Ethics of Placebos in MS Clinical Trials Reassessed in New Publication
Conducting placebo-controlled studies in people with relapsing MS can be done ethically when specific criteria have been met, according to recommendations from an international panel convened by the National MS Society. The use of placebos – “dummy” medications – as a control group for experimental therapies when there are multiple agents available to treat relapsing forms of MS has been of growing concern The updated recommendations are based on a 2007 meeting held under the auspices of the Society’s International Advisory Committee on Clinical Trials in MS, and are published in a special supplement of Neurology dedicated to MS (2008;70:1134).
Background: Using placebo as a control has been the historic “gold standard” for clinical trials in MS, and permits potential benefits – or safety issues – of an experimental treatment to emerge in high relief against a control group that receives the same amount of physician care except for inactive therapy. Ethical concerns exist, however, when there are approved disease-modifying therapies, such as in relapsing forms of MS, which are known to be relatively safe and effective.
A previous summit convened by the Society published its recommendations in 2001 (Annals of Neurology 2001;49:677-681). These guidelines laid out specific circumstances in which it could be considered ethical to conduct placebo-controlled trials in MS. The new panel met to revisit those guidelines in light of today’s therapy and clinical trials landscape. The expanded meeting of the International Advisory Committee on Clinical Trials in MS, chaired by Chris H. Polman, MD, PhD (Free University Medical Center, Amsterdam), engaged MS physicians, ethicists, drug regulatory authorities, statisticians, industry representatives and clinical trial experts who study other diseases facing similar issues debated complex pros and cons of placebo controls in the context of approved therapies.
When are placebo-controlled trials ethically justifiable?: The panel provided guidelines for ensuring that placebo-controlled trials are conducted ethically, which build on the 2001 guidelines:
- When established effective therapy is not available, such as for people with primary progressive MS (PP MS*), or secondary-progressive MS (SP MS**) in which relapses are no longer occurring. The panel recommends that studies focused on a treatment’s ability to stop disease progression in people with SP MS who have relapses should still treat those relapses with established therapy.
- When participants refuse established effective therapy. Careful informed consent is essential to ensuring that the subject is aware of the MS treatments available. The panel suggests using, when possible, a health professional or informed lay person who is not a member of the research team or affiliated with the sponsor to help the subject make an autonomous decision and to maintain their understanding of that decision throughout the study. Also, they recommend counseling and re-consenting if there is a disease relapse or if an individual’s disease worsens during the study.
- When subjects have not responded to established effective therapy. If one treatment has failed, but others are available, these should be suggested to the subject before participating in a placebo-controlled study. The panel suggests using “patient-centered criterion” to determine if previous treatments have failed: Does the subject believe that this therapy was unsatisfactory, due to lack of effectiveness, side effects, intolerability, or toxicity?
- In areas where resources are restricted and established effective therapy is not readily available. Trial sponsors are increasingly conducting studies in such areas of the world. The panel recommends that, for these studies to be considered ethical, special effort be made to understand what treatments are available, as well as reimbursement policies and patient assistance programs. The sponsor should provide details about how to obtain post-clinical trial access to experimental therapies that are proven to be effective, and sponsors should make a commitment to pursue registration of any proven drug in any country in which it is tested.
- In short-term phase II proof of concept studies. There is no evidence that short-term deprivation (less than 6 months or so) of approved MS therapies can cause long-term differences in clinical outcome. If sound scientific reasons exist for doing a short-term study, the nature and rationale for the study should be carefully explained to participants.
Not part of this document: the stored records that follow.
-- ===== src/Checks/Validations.antt =====
-- The validator's checks on the sample.
use dippin_lang.Base.{Str, ℕ, ◌≤◌, [], ◌≡◌, ◌↔◌, refl, bytes, In, Distinct, All, arith, ◌==◌}
use dippin_lang.Ir.{Node}
use dippin_lang.Ir.Arc.{HasUniqueIds, Reach, ids}
use dippin_lang.Ir.Lookup.{node, find_node}
use dippin_lang.Validate.Distance.{
  levenshtein, closest_node_id, closest, levenshtein_rows, fill_levenshtein_row, first_row,
  last_cell, min3,
}
use dippin_lang.Validate.Edits.{Edits, levenshtein-Edits}
use dippin_lang.Validate.Defs.{
  check_start_exists, check_exit_exists, check_reachability, check_no_duplicate_edges,
  check_parallel_fan_in,
}
use dippin_lang.Validate.Graph.{check_reachability_iff}
use dippin_lang.Validate.Duplicates.{edge_keys, check_no_duplicate_edges_iff}
use dippin_lang.Validate.Pairs.{IsPaired, check_parallel_fan_in_iff}
use dippin_lang.Validate.Cycles.{check_no_cycles}
use dippin_lang.Validate.Cycles.Exact.{Follow, IsLooping, check_no_cycles_iff}
use dippin_lang.Validate.Whole.{validate, IsWellFormed, validate_iff}
use dippin_lang.Checks.Samples.{sample}

-- "did you mean" finds a node at distance one, and none at distance three.
suggests : closest_node_id sample.nodes (bytes "gg") ≡ bytes "g"
unfolding closest_node_id closest levenshtein levenshtein_rows fill_levenshtein_row first_row
    last_cell min3
suggests = refl

suggests_nothing : closest_node_id sample.nodes (bytes "zzzz") ≡ []
unfolding closest_node_id closest levenshtein levenshtein_rows fill_levenshtein_row first_row
    last_cell min3
suggests_nothing = refl

levenshtein-Edits_example :
    Edits (levenshtein (bytes "tool") (bytes "to")) (bytes "tool") (bytes "to")
    × ((n : ℕ) → Edits n (bytes "tool") (bytes "to") → levenshtein (bytes "tool") (bytes "to") ≤ n)
levenshtein-Edits_example = levenshtein-Edits (bytes "tool") (bytes "to")

has_start : check_start_exists sample ≡ []
unfolding check_start_exists node find_node ◌==◌
has_start = refl

has_exit : check_exit_exists sample ≡ []
unfolding check_exit_exists node find_node ◌==◌
has_exit = refl

sample-HasUniqueIds : HasUniqueIds sample
sample-HasUniqueIds = ground arith

check_reachability_iff_example :
    (check_reachability sample ≡ [])
    ↔ ((x : Str) → In x (ids sample.nodes) → Reach sample (bytes "a") x)
check_reachability_iff_example = check_reachability_iff sample has_start

check_no_duplicate_edges_iff_example :
    (check_no_duplicate_edges sample ≡ []) ↔ Distinct (edge_keys sample.edges)
check_no_duplicate_edges_iff_example = check_no_duplicate_edges_iff sample

check_parallel_fan_in_iff_example :
    (check_parallel_fan_in sample ≡ [])
    ↔ All (λ (n : Node). IsPaired sample.nodes n.config) sample.nodes
check_parallel_fan_in_iff_example = check_parallel_fan_in_iff sample

check_no_cycles_iff_example :
    (check_no_cycles sample ≡ [])
    ↔ ((x v : Str) → In x (ids sample.nodes) → Follow sample x v → ¬ IsLooping sample v)
check_no_cycles_iff_example = check_no_cycles_iff sample has_start

validate_iff_example : (validate sample ≡ []) ↔ IsWellFormed sample
validate_iff_example = validate_iff sample
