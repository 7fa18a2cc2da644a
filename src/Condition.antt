-- ===== src/Condition.antt =====
-- Edge conditions: simulate/condition.go and the evaluation in simulate/defaults.go.
pub mod Token
pub mod Parse
pub mod Grammar
pub mod Complete
pub mod Eval
pub mod Ensure
pub mod Kept
pub mod Twice
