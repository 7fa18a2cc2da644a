-- ===== src/Coverage.antt =====
-- coverage/coverage.go, the analysis of edge coverage, reachability and termination.
pub mod Defs
pub mod Graph
pub mod Reports
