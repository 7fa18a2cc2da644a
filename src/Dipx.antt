-- ===== src/Dipx.antt =====
-- dipx/: bundles of workflows.
pub mod Errors
pub mod Paths
pub mod Refs
pub mod Shape
pub mod Structure
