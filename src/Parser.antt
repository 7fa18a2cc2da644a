-- ===== src/Parser.antt =====
-- parser/: from the text of a workflow to its tokens.
pub mod Lexer
pub mod Edges
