-- ===== src/Str/Tests.antt =====
-- Runs of the string functions, and the theorems at concrete memories and texts.
use systems_programming_a.Prelude.{ℕ, ◌≡◌, refl, arith, Memory, some, List, [], ◌∷◌, ◌++◌}
use systems_programming_a.Str.Block.{memmove, move_up, move_down}
use systems_programming_a.Str.Block.Move.{moved, memmove_lem}
use systems_programming_a.Str.Text.{IsText, safestrcpy}

-- Each byte is its own address.
abbrev identity : Memory
identity a = a

abbrev cat : List ℕ
cat = b'c' ∷ b'a' ∷ b't' ∷ []

cat-IsText : IsText cat
cat-IsText = omega arith

abbrev car : List ℕ
car = b'c' ∷ b'a' ∷ b'r' ∷ []

car-IsText : IsText car
car-IsText = omega arith

abbrev room : List ℕ
room = 1 ∷ 2 ∷ 3 ∷ 4 ∷ 5 ∷ []

overlapping : memmove 12 10 5 identity 16 ≡ 14
unfolding memmove move_down move_up
overlapping = refl

cut_short : safestrcpy room (cat ++ (0 ∷ [])) 3 ≡ some (b'c' ∷ b'a' ∷ 0 ∷ 4 ∷ 5 ∷ [])
unfolding safestrcpy
cut_short = refl

memmove_lem_example : memmove 12 10 5 identity 16 ≡ moved 12 10 5 identity 16
memmove_lem_example = memmove_lem 12 10 5 identity 16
- When the outcomes of placebo therapy do not increase serious or irreversible harm, such as clinical trials of symptomatic treatments.
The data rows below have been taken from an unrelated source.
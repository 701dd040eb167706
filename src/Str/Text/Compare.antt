-- ===== src/Str/Text/Compare.antt =====
-- What the comparisons decide.
use systems_programming_a.Prelude.{
  ℕ, zero, suc, ◌≤◌, ◌≡◌, ◌↔◌, refl, arith, some, List, [], ◌∷◌, ◌++◌, if◌then◌else◌, ltb, length,
  take,
}
use systems_programming_a.Prelude.Int.{ℤ, pos, negsuc}
use systems_programming_a.Str.Text.{IsText, memcmp, strncmp, strcmp}

-- The order of two texts by their first difference: negative, zero or positive.
pub lexicographic : List ℕ → List ℕ → ℤ
lexicographic [] [] = pos 0
lexicographic [] (d ∷ ds) = negsuc 0
lexicographic (c ∷ cs) [] = pos 1
lexicographic (c ∷ cs) (d ∷ ds) =
    if ltb c d then negsuc 0 else if ltb d c then pos 1 else lexicographic cs ds

-- strcmp of two terminated texts is their lexicographic order: -1, 0 or 1.
pub strcmp_lem :
    (cs ds r t : List ℕ)
    → IsText cs
    → IsText ds
    → strcmp (cs ++ (0 ∷ r)) (ds ++ (0 ∷ t)) ≡ some (lexicographic cs ds)
unfolding strcmp lexicographic
strcmp_lem [] [] r t h k = refl
strcmp_lem [] (d ∷ ds) r t h k = ground arith
strcmp_lem (c ∷ cs) [] r t h k = ground arith
strcmp_lem (c ∷ cs) (d ∷ ds) r t h k = ground (arith, strcmp_lem cs ds r t h.1 k.1)

pub lexicographic_zero : (cs ds : List ℕ) → (lexicographic cs ds ≡ pos 0) ↔ (cs ≡ ds)
unfolding lexicographic
lexicographic_zero [] [] = (λ e. refl, λ e. refl)
lexicographic_zero [] (d ∷ ds) = (λ e. cc, λ e. cc)
lexicographic_zero (c ∷ cs) [] = (λ e. cc, λ e. cc)
lexicographic_zero (c ∷ cs) (d ∷ ds) = ground (arith, lexicographic_zero cs ds)

-- memcmp of n bytes, where both objects have as many, returns 0 exactly when they agree.
pub memcmp_zero :
    (xs ys : List ℕ) (n : ℕ)
    → n ≤ length xs
    → n ≤ length ys
    → (memcmp xs ys n ≡ some (pos 0)) ↔ (take n xs ≡ take n ys)
unfolding memcmp
memcmp_zero xs ys zero h k = (λ e. refl, λ e. refl)
memcmp_zero [] ys (suc n) h k = absurd (omega arith)
memcmp_zero (x ∷ xs) [] (suc n) h k = absurd (omega arith)
memcmp_zero (x ∷ xs) (y ∷ ys) (suc n) h k = ground (arith, memcmp_zero xs ys n)

-- strncmp of two terminated texts returns 0 exactly when they agree in their first n characters.
pub strncmp_zero :
    (cs ds r t : List ℕ) (n : ℕ)
    → IsText cs
    → IsText ds
    → (strncmp (cs ++ (0 ∷ r)) (ds ++ (0 ∷ t)) n ≡ some (pos 0)) ↔ (take n cs ≡ take n ds)
unfolding strncmp
strncmp_zero cs ds r t zero h k = (λ e. refl, λ e. refl)
strncmp_zero [] [] r t (suc n) h k = (λ e. refl, λ e. refl)
strncmp_zero [] (d ∷ ds) r t (suc n) h k = ground arith
strncmp_zero (c ∷ cs) [] r t (suc n) h k = ground arith
strncmp_zero (c ∷ cs) (d ∷ ds) r t (suc n) h k = ground (arith, strncmp_zero cs ds r t n h.1 k.1)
Alternatives to placebo-controlled trials: Although placebo-controlled trials are the most efficient and interpretable trial design when studying effectiveness and safety of a new therapy, there are many trial design options that can avoid the use of control groups given only inactive placebo and these are discussed in the paper. One potential solution is to conduct “add-on” trials (where participants take a standard treatment plus either a new therapy or placebo version of the experimental therapy). Alternatively, “superiority” trials (where participants receive either a standard therapy or the new therapy) can be considered.
Comment: “We have only partially effective therapies for relapsing forms of MS, and no approved therapies that treat the underlying cause of progressive forms of this disease,” said John Richert, MD, executive vice president of research and clinical programs for the National MS Society. “In this light, it is vital that potential new therapies coming down the pipeline can be properly tested for their benefits and safety. This panel’s updated recommendations help ensure that testing can proceed while the individual rights of patients are protected.”
*PP MS – Primary-progressive MS, a slow but nearly continuous worsening of disease from onset.
**SP MS – Secondary-progressive MS, an initial period of relapsing-remitting MS, followed by a steadily worsening disease course with or without occasional flare-ups or minor recoveries.